You give them too much credit by assuming they do these things for noble purposes.


----------



## MrMerlin777 (Dec 11, 2006)

You mean our benevolent government would have designs that aren't noble?


----------



## LadyFlynt (Dec 11, 2006)

okay, I don't have a problem with them banning an ARTIFICIAL known health hazard. They can still sell fried foods...they just have to used natural oils to do it.

Now, caffeine and chocolate...they might as well bring back prohibition and it's problems...don't see it happening.


----------



## Richard King (Dec 11, 2006)

They'll have my trans fats when they pry them from my chubby swollen grease stained fingers!!!!!!!


----------



## crhoades (Dec 11, 2006)

Richard King said:


> They'll have my trans fats when they pry them from my chubby swollen grease stained fingers!!!!!!!

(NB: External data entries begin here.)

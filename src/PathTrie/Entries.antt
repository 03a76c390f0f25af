-- ===== src/PathTrie/Entries.antt =====
-- The trie as the two maps that it stands for: which task, and which folder, is at a path.
use dekit.Prelude.{
  ℕ, zero, suc, ◌≡◌, refl, true, ◌&&◌, Option, none, some, Option-cases, inl, inr, List, [], ◌∷◌,
  arith, if◌then◌else◌, is_some,
}
use dekit.Prelude.Text.{Text, text_eq, text_eq_iff}
use dekit.SubTrie.Registry.{path_eq}
use dekit.PathTrie.{
  TrieNode, node, Children, nil, child, Spot, empty_node, task_of, folder_of, is_empty, bind_option,
  get_child, put_child, insert_at, shift_remove, walk_from, make_index, make, edit, change,
  prune_from,
}

pub get_child-put_child :
    (c d : Text) (n : TrieNode) (ch : Children)
    → get_child d (put_child c n ch)
      ≡ (if text_eq c d && is_some (get_child c ch) then some n else get_child d ch)
unfolding get_child put_child
get_child-put_child c d n nil = ground arith
get_child-put_child c d n (child e m ch) =
    ground (arith, get_child-put_child c d n ch, text_eq_iff c d, text_eq_iff e c, text_eq_iff e d)

pub get_child-insert_at :
    (i : ℕ) (c d : Text) (n : TrieNode) (ch : Children)
    → get_child c ch ≡ none
    → get_child d (insert_at i c n ch) ≡ (if text_eq c d then some n else get_child d ch)
unfolding get_child insert_at
get_child-insert_at zero c d n ch g = refl
get_child-insert_at (suc i) c d n nil g = refl
get_child-insert_at (suc i) c d n (child e m ch) g =
    ground
      (arith, get_child-insert_at i c d n ch, text_eq_iff c d, text_eq_iff e c, text_eq_iff e d)

pub get_child-shift_remove :
    (c d : Text) (ch : Children)
    → get_child d (shift_remove c ch) ≡ (if text_eq c d then none else get_child d ch)
unfolding get_child shift_remove
get_child-shift_remove c d nil = ground arith
get_child-shift_remove c d (child e m ch) =
    ground (arith, get_child-shift_remove c d ch, text_eq_iff c d, text_eq_iff e c, text_eq_iff e d)

-- The task and the folder at a path of names.
unfoldable pub task_in : List Text → TrieNode → Option ℕ
task_in [] (node t fo ch) = t
task_in (c ∷ cs) (node t fo ch) = elim (get_child c ch) [ none ↦ none | some n ↦ task_in cs n ]

unfoldable pub folder_in : List Text → TrieNode → Option ℕ
folder_in [] (node t fo ch) = fo
folder_in (c ∷ cs) (node t fo ch) = elim (get_child c ch) [ none ↦ none | some n ↦ folder_in cs n ]

pub task_in-walk :
    (cs : List Text) (n : TrieNode) → bind_option (walk_from cs n) task_of ≡ task_in cs n
unfolding task_in walk_from
task_in-walk [] (node t fo ch) = refl
task_in-walk (c ∷ cs) (node t fo ch) = elim (Option-cases (get_child c ch)) [
  | inl gone ↦ ground arith
  | inr (n, at) ↦ ground (arith, task_in-walk cs n)
]

pub folder_in-walk :
    (cs : List Text) (n : TrieNode) → bind_option (walk_from cs n) folder_of ≡ folder_in cs n
unfolding folder_in walk_from
folder_in-walk [] (node t fo ch) = refl
folder_in-walk (c ∷ cs) (node t fo ch) = elim (Option-cases (get_child c ch)) [
  | inl gone ↦ ground arith
  | inr (n, at) ↦ ground (arith, folder_in-walk cs n)
]

pub task_in-empty : (cs : List Text) → task_in cs empty_node ≡ none
unfolding task_in get_child
task_in-empty [] = refl
task_in-empty (c ∷ cs) = refl

folder_in-empty : (cs : List Text) → folder_in cs empty_node ≡ none
unfolding folder_in get_child
folder_in-empty [] = refl
folder_in-empty (c ∷ cs) = refl

module _ (ft ff : Option ℕ → Option ℕ) where
  -- The entries after a change at a path, made if it was not there.
  pub task_in-make :
      (cs ds : List Text) (spot : Spot) (n : TrieNode)
      → task_in ds (make cs spot (edit ft ff) n)
        ≡ (if path_eq cs ds then ft (task_in cs n) else task_in ds n)
  unfolding task_in make path_eq
  task_in-make [] [] spot (node t fo ch) = refl
  task_in-make [] (d ∷ ds) spot (node t fo ch) = refl
  task_in-make (c ∷ cs) [] spot (node t fo ch) = ground arith
  task_in-make (c ∷ cs) (d ∷ ds) spot (node t fo ch) = elim (Option-cases (get_child c ch)) [
    | inl gone ↦ ground (
      arith,
      text_eq_iff c d,
      task_in-make cs ds spot empty_node,
      task_in-empty ds,
      task_in-empty cs,
      get_child-insert_at (make_index cs spot ch) c d (make cs spot (edit ft ff) empty_node) ch,
    )
    | inr (n, at) ↦ ground (
      arith,
      text_eq_iff c d,
      task_in-make cs ds spot n,
      get_child-put_child c d (make cs spot (edit ft ff) n) ch,
    )
  ]

  pub folder_in-make :
      (cs ds : List Text) (spot : Spot) (n : TrieNode)
      → folder_in ds (make cs spot (edit ft ff) n)
        ≡ (if path_eq cs ds then ff (folder_in cs n) else folder_in ds n)
  unfolding folder_in make path_eq
  folder_in-make [] [] spot (node t fo ch) = refl
  folder_in-make [] (d ∷ ds) spot (node t fo ch) = refl
  folder_in-make (c ∷ cs) [] spot (node t fo ch) = ground arith
  folder_in-make (c ∷ cs) (d ∷ ds) spot (node t fo ch) = elim (Option-cases (get_child c ch)) [
    | inl gone ↦ ground (
      arith,
      text_eq_iff c d,
      folder_in-make cs ds spot empty_node,
      folder_in-empty ds,
      folder_in-empty cs,
      get_child-insert_at (make_index cs spot ch) c d (make cs spot (edit ft ff) empty_node) ch,
    )
    | inr (n, at) ↦ ground (
      arith,
      text_eq_iff c d,
      folder_in-make cs ds spot n,
      get_child-put_child c d (make cs spot (edit ft ff) n) ch,
    )
  ]

  -- The entries after a change of the node at a path, where it is there.
  pub task_in-change :
      (cs ds : List Text) (n : TrieNode)
      → ft none ≡ none
      → task_in ds (change cs (edit ft ff) n)
        ≡ (if path_eq cs ds then ft (task_in cs n) else task_in ds n)
  unfolding task_in change path_eq
  task_in-change [] [] (node t fo ch) z = refl
  task_in-change [] (d ∷ ds) (node t fo ch) z = refl
  task_in-change (c ∷ cs) [] (node t fo ch) z = ground arith
  task_in-change (c ∷ cs) (d ∷ ds) (node t fo ch) z = elim (Option-cases (get_child c ch)) [
    | inl gone ↦ ground (arith, text_eq_iff c d)
    | inr (n, at) ↦ ground (
      arith,
      text_eq_iff c d,
      task_in-change cs ds n z,
      get_child-put_child c d (change cs (edit ft ff) n) ch,
    )
  ]

  pub folder_in-change :
      (cs ds : List Text) (n : TrieNode)
      → ff none ≡ none
      → folder_in ds (change cs (edit ft ff) n)
        ≡ (if path_eq cs ds then ff (folder_in cs n) else folder_in ds n)
  unfolding folder_in change path_eq
  folder_in-change [] [] (node t fo ch) z = refl
  folder_in-change [] (d ∷ ds) (node t fo ch) z = refl
  folder_in-change (c ∷ cs) [] (node t fo ch) z = ground arith
  folder_in-change (c ∷ cs) (d ∷ ds) (node t fo ch) z = elim (Option-cases (get_child c ch)) [
    | inl gone ↦ ground (arith, text_eq_iff c d)
    | inr (n, at) ↦ ground (
      arith,
      text_eq_iff c d,
      folder_in-change cs ds n z,
      get_child-put_child c d (change cs (edit ft ff) n) ch,
    )
  ]

task_in-is_empty : (ds : List Text) (n : TrieNode) → is_empty n ≡ true → task_in ds n ≡ none
unfolding task_in get_child
task_in-is_empty [] (node none fo ch) e = refl
task_in-is_empty [] (node (some t) fo ch) e = ground arith
task_in-is_empty (d ∷ ds) (node t fo nil) e = refl
task_in-is_empty (d ∷ ds) (node t fo (child c m ch)) e = ground arith

folder_in-is_empty : (ds : List Text) (n : TrieNode) → is_empty n ≡ true → folder_in ds n ≡ none
unfolding folder_in get_child
folder_in-is_empty [] (node t none ch) e = refl
folder_in-is_empty [] (node none (some fo) ch) e = ground arith
folder_in-is_empty [] (node (some t) (some fo) ch) e = ground arith
folder_in-is_empty (d ∷ ds) (node t fo nil) e = refl
folder_in-is_empty (d ∷ ds) (node t fo (child c m ch)) e = ground arith

-- Pruning changes no entry.
pub task_in-prune : (cs ds : List Text) (n : TrieNode) → task_in ds (prune_from cs n) ≡ task_in ds n
unfolding task_in prune_from
task_in-prune [] ds n = refl
task_in-prune (c ∷ cs) [] (node t fo ch) = ground arith
task_in-prune (c ∷ cs) (d ∷ ds) (node t fo ch) = elim (Option-cases (get_child c ch)) [
  | inl gone ↦ ground arith
  | inr (n, at) ↦ ground (
    arith,
    text_eq_iff c d,
    task_in-prune cs ds n,
    task_in-is_empty ds (prune_from cs n),
    get_child-shift_remove c d ch,
    get_child-put_child c d (prune_from cs n) ch,
  )
]

pub folder_in-prune :
    (cs ds : List Text) (n : TrieNode) → folder_in ds (prune_from cs n) ≡ folder_in ds n
unfolding folder_in prune_from
folder_in-prune [] ds n = refl
folder_in-prune (c ∷ cs) [] (node t fo ch) = ground arith
folder_in-prune (c ∷ cs) (d ∷ ds) (node t fo ch) = elim (Option-cases (get_child c ch)) [
  | inl gone ↦ ground arith
  | inr (n, at) ↦ ground (
    arith,
    text_eq_iff c d,
    folder_in-prune cs ds n,
    folder_in-is_empty ds (prune_from cs n),
    get_child-shift_remove c d ch,
    get_child-put_child c d (prune_from cs n) ch,
  )
]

 Yeah...not seeing this law passed in the south...might spark another civil war-er- I mean war between the states.


----------



## Answerman (Dec 11, 2006)

Actually, I wouldn't mind the government banning many of the poisons that they have allowed to be put in our food and water supply. Flouride, MSG, Aspertame are among the dangerous chemicals that have plenty of evidence that they should have never been allowed into our food. Also, I always thought that allowing mercury in fillings was one of the stupidest things the government has ever done. With this kind of evidence, I am beginning to believe some of the conspiracy theories that I hear about using chemicals and drugs to pacify and stupify the general population. This is certainly true with the use of drugs like ridalin to treat active children. I sure am glad that I homeschool so the government can't destroy my children's mind and soul.

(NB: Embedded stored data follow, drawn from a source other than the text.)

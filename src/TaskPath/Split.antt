-- ===== src/TaskPath/Split.antt =====
-- How `split`, `rfind`, `strip_prefix` and `nth_slash` act on a text with and without slashes.
use dekit.Prelude.{
  ℕ, zero, suc, ◌+◌, ◌≡◌, refl, ap, true, false, ◌&&◌, ◌||◌, Option, none, some, [], ◌∷◌, ◌++◌, All,
  length, take, drop, arith, ◌==◌,
}
use dekit.Prelude.Text.{Text, text_eq}
use dekit.TaskPath.{
  slash, is_valid_component_char, split, rfind, is_at_or_under, nth_slash, is_empty_text,
  starts_with_slash,
}
use native.Mathlib.Nat.{zero-add, suc-add}

abbrev pub IsSlashFree : Text → Type 0
IsSlashFree = All (λ x. (x == slash) ≡ false)

pub valid_char-ne-slash : (c : ℕ) → is_valid_component_char c ≡ true → (c == slash) ≡ false
unfolding is_valid_component_char
valid_char-ne-slash c h = ground arith

pub IsSlashFree-of_valid :
    (s : Text) → All (λ x. is_valid_component_char x ≡ true) s → IsSlashFree s
IsSlashFree-of_valid [] h = tt
IsSlashFree-of_valid (c ∷ s) h = (valid_char-ne-slash c h.0, IsSlashFree-of_valid s h.1)

pub split_slash_free : (s : Text) → IsSlashFree s → split s ≡ s ∷ []
unfolding split
split_slash_free [] h = refl
split_slash_free (c ∷ s) h = rw h.0 (rw (split_slash_free s h.1))

pub split-append : (s t : Text) → IsSlashFree s → split (s ++ slash ∷ t) ≡ s ∷ split t
unfolding split
split-append [] t h = refl
split-append (c ∷ s) t h = rw h.0 (rw (split-append s t h.1))

pub rfind_slash_free : (s : Text) → IsSlashFree s → rfind s ≡ none
unfolding rfind
rfind_slash_free [] h = refl
rfind_slash_free (c ∷ s) h = ground (arith, rfind_slash_free s h.1)

pub rfind-append : (s t : Text) → IsSlashFree t → rfind (s ++ slash ∷ t) ≡ some (length s)
unfolding rfind
rfind-append [] t h = ground (arith, rfind_slash_free t h)
rfind-append (c ∷ s) t h = ground (arith, rfind-append s t h)

pub nth_slash_free : (n : ℕ) (s : Text) → IsSlashFree s → nth_slash n s ≡ none
unfolding nth_slash
nth_slash_free n [] h = refl
nth_slash_free zero (c ∷ s) h = ground (arith, nth_slash_free zero s h.1)
nth_slash_free (suc n) (c ∷ s) h = rw h.0 (rw (nth_slash_free (suc n) s h.1))

abbrev pub shift : ℕ → Option ℕ → Option ℕ
shift k none = none
shift k (some pos) = some (k + suc pos)

pub nth_slash-zero :
    (s t : Text) → IsSlashFree s → nth_slash zero (s ++ slash ∷ t) ≡ some (length s)
unfolding nth_slash
nth_slash-zero [] t h = refl
nth_slash-zero (c ∷ s) t h = ground (arith, nth_slash-zero s t h.1)

pub nth_slash-suc :
    (n : ℕ) (s t : Text)
    → IsSlashFree s
    → nth_slash (suc n) (s ++ slash ∷ t) ≡ shift (length s) (nth_slash n t)
unfolding nth_slash
nth_slash-suc n [] t h = ground arith
nth_slash-suc n (c ∷ s) t h = rw h.0 (ground (arith, nth_slash-suc n s t h.1))

-- A text that is empty or goes on with a slash: what may follow a component.
abbrev pub IsBoundary : Text → Type 0
IsBoundary s = (is_empty_text s || starts_with_slash s) ≡ true

pub at_or_under_cons :
    (x y : ℕ) (g p : Text) → is_at_or_under (y ∷ p) (x ∷ g) ≡ ((x == y) && is_at_or_under p g)
unfolding is_at_or_under
at_or_under_cons x y g p = ground arith

pub at_or_under_nil : (x : ℕ) (g : Text) → is_at_or_under [] (x ∷ g) ≡ false
unfolding is_at_or_under
at_or_under_nil x g = refl

-- A last component of the group against a component of the path.
pub at_or_under_last :
    (g a tail : Text)
    → IsSlashFree g
    → IsSlashFree a
    → IsBoundary tail
    → is_at_or_under (a ++ tail) g ≡ text_eq g a
unfolding is_at_or_under text_eq
at_or_under_last [] [] tail hg ha b = b
at_or_under_last [] (y ∷ a) tail hg ha b = ha.0
at_or_under_last (x ∷ g) [] [] hg ha b = refl
at_or_under_last (x ∷ g) [] (y ∷ tail) hg ha b = ground arith
at_or_under_last (x ∷ g) (y ∷ a) tail hg ha b =
    ground (arith, at_or_under_last g a tail hg.1 ha.1 b)

-- A component of the group that another follows, against one of the path.
pub at_or_under_step :
    (g a g' p : Text)
    → IsSlashFree g
    → IsSlashFree a
    → is_at_or_under (a ++ slash ∷ p) (g ++ slash ∷ g') ≡ (text_eq g a && is_at_or_under p g')
unfolding is_at_or_under text_eq
at_or_under_step [] [] g' p hg ha = ground arith
at_or_under_step [] (y ∷ a) g' p hg ha = ground arith
at_or_under_step (x ∷ g) [] g' p hg ha = ground arith
at_or_under_step (x ∷ g) (y ∷ a) g' p hg ha = ground (arith, at_or_under_step g a g' p hg.1 ha.1)

-- A path of one component is not under a group of several.
pub at_or_under_short : (g a g' : Text) → IsSlashFree a → is_at_or_under a (g ++ slash ∷ g') ≡ false
unfolding is_at_or_under
at_or_under_short [] [] g' ha = refl
at_or_under_short [] (y ∷ a) g' ha = ground arith
at_or_under_short (x ∷ g) [] g' ha = refl
at_or_under_short (x ∷ g) (y ∷ a) g' ha = ground (arith, at_or_under_short g a g' ha.1)

pub take-length : (s t : Text) → take (length s) (s ++ t) ≡ s
take-length [] t = refl
take-length (c ∷ s) t = ap (λ u. c ∷ u) (take-length s t)

pub take_all : (s : Text) → take (length s) s ≡ s
take_all [] = refl
take_all (c ∷ s) = ap (λ u. c ∷ u) (take_all s)

pub take_past :
    (k : ℕ) (s t : Text) → take (length s + suc k) (s ++ slash ∷ t) ≡ s ++ slash ∷ take k t
take_past k [] t = rw zero-add
take_past k (c ∷ s) t = rw suc-add (ap (λ u. c ∷ u) (take_past k s t))

pub drop_past : (s t : Text) → drop (suc (length s)) (s ++ slash ∷ t) ≡ t
drop_past [] t = refl
drop_past (c ∷ s) t = drop_past s t
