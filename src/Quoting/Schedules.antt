-- ===== src/Quoting/Schedules.antt =====
-- handler.go, `GetQuote`: the answer does not depend on how the workers interleave.
use epeius.Prelude.{ℕ, suc, ◌≡◌, sym, ap, ◌∙◌, true, false, none, List, if◌then◌else◌}
use mathlib.Core.Path.{subst}
use epeius.Prelude.Int.{pos, pos_part}
use epeius.Wire.{QuoteRequest, BlockContext, ProviderError}
use epeius.Evm.{Evm}
use epeius.Store.{Store}
use epeius.Engine.{Handler, Chain, Snapshot}
use epeius.Search.{CandidateSource, Pool, Result, fresh_pool, run_pool, is_done}
use epeius.Search.Tasks.{all_results, order_results}
use epeius.Search.Schedule.{search-eq}
use epeius.Quoting.Checks.{passes, QuoteWorld, caller_goes_on}
use epeius.Quoting.Sources.{QuoteSources, quote_sources}
use epeius.Quoting.{
  waits, conclude, collect, unless_caller_left, after_search, search, search_quotes, answer_checked,
  get_quote, check_quote_request, quote_block,
}

collect-conclude :
    (h : Handler) (w : QuoteWorld) (r : QuoteRequest) (block : BlockContext)
    (errors : List ProviderError) (pool : Pool) (s : Store) (ordered : List Result)
    → order_results pool.results ≡ ordered
    → pool.cancelled ≡ false
    → collect h w r block errors pool s ≡ conclude h w r block errors false ordered s
unfolding collect order_results
collect-conclude h w r block errors pool s ordered e c =
    ap (λ b. conclude h w r block errors b (order_results pool.results) s) c
    ∙ ap (λ rs. conclude h w r block errors false rs s) e

search-all :
    (h : Handler) (w : QuoteWorld) (sources : List CandidateSource) (n : ℕ)
    → h.quote_concurrency ≡ pos (suc n)
    → is_done (search h w sources) ≡ true
    → (search h w sources).cancelled ≡ false
    → order_results (search h w sources).results ≡ all_results sources
unfolding search
search-all h w sources n e =
    subst
      (λ c.
        is_done (run_pool w.moves (fresh_pool sources c)) ≡ true
        → (run_pool w.moves (fresh_pool sources c)).cancelled ≡ false
        → order_results (run_pool w.moves (fresh_pool sources c)).results ≡ all_results sources)
      (sym (ap pos_part e)) (search-eq n sources w.moves)

after_search-collect :
    (h : Handler) (w : QuoteWorld) (r : QuoteRequest) (block : BlockContext) (found : QuoteSources)
    (pool : Pool) (s : Store)
    → is_done pool ≡ true
    → w.caller_after_search ≡ none
    → after_search h w r block found pool s ≡ collect h w r block found.errors pool s
unfolding after_search unless_caller_left caller_goes_on
after_search-collect h w r block found pool s done caller =
    let answer = collect h w r block found.errors pool s in
    ap (λ b. if b then unless_caller_left (caller_goes_on w.caller_after_search) answer else waits)
      done
    ∙ ap (λ o. unless_caller_left (caller_goes_on o) answer) caller

-- A request that passes the checks, and whose search is neither cancelled before its end nor left by
-- the caller, gets the answer that the candidates alone determine: once all the workers have
-- returned, the routes and the errors are those of all the candidates of all the deployments, in the
-- order of the deployments' IDs, for every number of workers and every interleaving of them.
pub get_quote-eq :
    (evm : Evm) (h : Handler) (w : QuoteWorld) (r : QuoteRequest) (s : Store) (chain : Chain)
    (snapshot : Snapshot) (n : ℕ)
    → h.quote_concurrency ≡ pos (suc n)
    → check_quote_request evm h w r ≡ passes (chain, snapshot)
    → is_done (search h w (quote_sources chain r (quote_block snapshot)).sources) ≡ true
    → (search h w (quote_sources chain r (quote_block snapshot)).sources).cancelled ≡ false
    → w.caller_after_search ≡ none
    → get_quote evm h w r s
      ≡ conclude h w r
          (quote_block snapshot)
          (quote_sources chain r (quote_block snapshot)).errors
          false
          (all_results (quote_sources chain r (quote_block snapshot)).sources)
          s
unfolding get_quote answer_checked search_quotes
get_quote-eq evm h w r s chain snapshot n q checked done live caller =
    let found = quote_sources chain r (quote_block snapshot) in
    let pool = search h w found.sources in
    ap (answer_checked h w r s) checked
    ∙ (after_search-collect h w r (quote_block snapshot) found pool s done caller
        ∙ collect-conclude h w r (quote_block snapshot) found.errors pool s
            (all_results found.sources) (search-all h w found.sources n q done live) live)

Don't get me wrong, I consider myself a theonomist so I definitely would like to get government out of 90 percent of the things that they are currently controlling, like education, social security, income tax etc. etc.


----------



## CDM (Dec 12, 2006)

Answerman said:


> Actually, I wouldn't mind the government banning many of the poisons that they have allowed to be put in our food and water supply. Flouride, MSG, Aspertame are among the dangerous chemicals that have plenty of evidence that they should have never been allowed into our food. Also, I always thought that allowing mercury in fillings was one of the stupidest things the government has ever done. With this kind of evidence, I am beginning to believe some of the conspiracy theories that I hear about using chemicals and drugs to pacify and stupify the general population. This is certainly true with the use of drugs like ridalin to treat active children. I sure am glad that I homeschool so the government can't destroy my children's mind and soul.
> 
> Don't get me wrong, I consider myself a theonomist so I definitely would like to get government out of 90 percent of the things that they are currently controlling, like education, social security, income tax etc. etc.




To be clear, you are saying that it is good that a government can tell people what they can and can not eat. Right?


----------



## BJClark (Dec 12, 2006)

crhoades;



> Next thing, no caffeine, no chocolate...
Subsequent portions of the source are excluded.